When I think of a knight, I think of a 12th century crusader, in plate mail, wearing a great helmet decorated, and is wearing the livery and heraldry all over and ready to die for the crusades, there lord or for a greater objective


----------



## hailene (Aug 28, 2009)

The Final Frontier said:


> When I think of a knight, I think of a 12th century crusader, in plate mail, wearing a great helmet decorated, and is wearing the livery and heraldry all over and ready to die for the crusades, there lord or for a greater objective


You're missing out why the Dark Angels are being secretive.

_It's their shame of some of their number betraying their liege lord, the Lion._

What greater shame could a knight know than having some of his fellow oathsmen betray their lord? Hardly any other.

That's why they go to such lengths to hunt the Fallen. 

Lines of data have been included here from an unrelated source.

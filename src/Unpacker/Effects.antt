-- ===== src/Unpacker/Effects.antt =====
-- Calls that keep a path, and calls that leave one when they succeed.
use groot_btrfs.Base.{◌≡◌, Bool, true, List, [], ◌∷◌, arith, inl, inr}
use groot_btrfs.Base.Str.{Str}
use groot_btrfs.Base.Effect.{M, ⊤, Result-cases, succeeded, for_each, pure, ◌>>=◌, wrapping}

module _ {W : Type 0} (there : W → Str → Bool) (q : Str) where
  -- The path is still there after the call, whether it succeeds or fails.
  pub record Keeps {A : Type 0} (m : M W A) : Type 0 where
    pub kept : (w : W) → there w q ≡ true → there (m w).1 q ≡ true

  -- The path is there after the call, if it succeeds.
  pub record Leaves {A : Type 0} (m : M W A) : Type 0 where
    pub left : (w : W) → succeeded (m w).0 ≡ true → there (m w).1 q ≡ true

  pub Keeps-pure : {A : Type 0} (a : A) → Keeps (pure a)
  Keeps-pure a = record { kept = λ w h. h }

  pub Keeps-bind :
      {A B : Type 0} (m : M W A) (f : A → M W B)
      → Keeps m
      → ((a : A) → Keeps (f a))
      → Keeps (m >>= f)
  Keeps-bind m f h k = record {
    kept = λ w there_before. elim (Result-cases (m w).0) [
      | inl (a, fine) ↦ ground (arith, fine, h.kept w, (k a).kept (m w).1)
      | inr (x, failed) ↦ ground (arith, failed, h.kept w)
    ];
  }

  pub Keeps-wrapping : {A : Type 0} (text : Str) (m : M W A) → Keeps m → Keeps (wrapping text m)
  Keeps-wrapping text m h = record {
    kept = λ w there_before. elim (Result-cases (m w).0) [
      | inl (a, fine) ↦ ground (arith, fine, h.kept w)
      | inr (x, failed) ↦ ground (arith, failed, h.kept w)
    ];
  }

  pub Keeps-for_each :
      {A : Type 0} (f : A → M W ⊤) (xs : List A) → ((a : A) → Keeps (f a)) → Keeps (for_each f xs)
  unfolding for_each
  Keeps-for_each f [] h = record { kept = λ w there_before. there_before }
  Keeps-for_each f (x ∷ xs) h = record {
    kept = λ w there_before. elim (Result-cases (f x w).0) [
      | inl (_, fine) ↦ ground (arith, fine, (h x).kept w, (Keeps-for_each f xs h).kept (f x w).1)
      | inr (e, failed) ↦ ground (arith, failed, (h x).kept w)
    ];
  }

  pub Leaves-first :
      {A B : Type 0} (m : M W A) (f : A → M W B)
      → Leaves m
      → ((a : A) → Keeps (f a))
      → Leaves (m >>= f)
  Leaves-first m f h k = record {
    left = λ w done. elim (Result-cases (m w).0) [
      | inl (a, fine) ↦ ground (arith, fine, h.left w, (k a).kept (m w).1)
      | inr (x, failed) ↦ absurd (ground (arith, failed))
    ];
  }

  pub Leaves-last :
      {A B : Type 0} (m : M W A) (f : A → M W B) → ((a : A) → Leaves (f a)) → Leaves (m >>= f)
  Leaves-last m f k = record {
    left = λ w done. elim (Result-cases (m w).0) [
      | inl (a, fine) ↦ ground (arith, fine, (k a).left (m w).1)
      | inr (x, failed) ↦ absurd (ground (arith, failed))
    ];
  }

Also the real question is whether you want the 18th century romanticized _concept_ of a knight or more what an actual knight was.


----------



## Tyriks (Dec 9, 2015)

Also, in terms of western history, there is no such thing as warrior monks. In eastern history, a warrior monk would not wear plate armor. So I'm not sure what you're getting at, there. In terms of looks, DA are about as close as astartes can get.


----------



## The Final Frontier (Oct 15, 2011)

Also the real question is whether you want the 18th century romanticized concept of a knight or more what an actual knight was. 

umm prob little of both


----------



## Moriouce (Oct 20, 2009)

The Final Frontier said:


> Also the real question is whether you want the 18th century romanticized concept of a knight or more what an actual knight was.
> 
> umm prob little of both



In your description I acctualy only see Hollywood/18th century knight based on late medieval cermonial/display armours that nere where used in battle. 

I would say that the DA relatera more to the Knightly orders of the crusade and the DT of the regular nobility Knights of europe. They both fought in the Crusades but with very little in common.


----------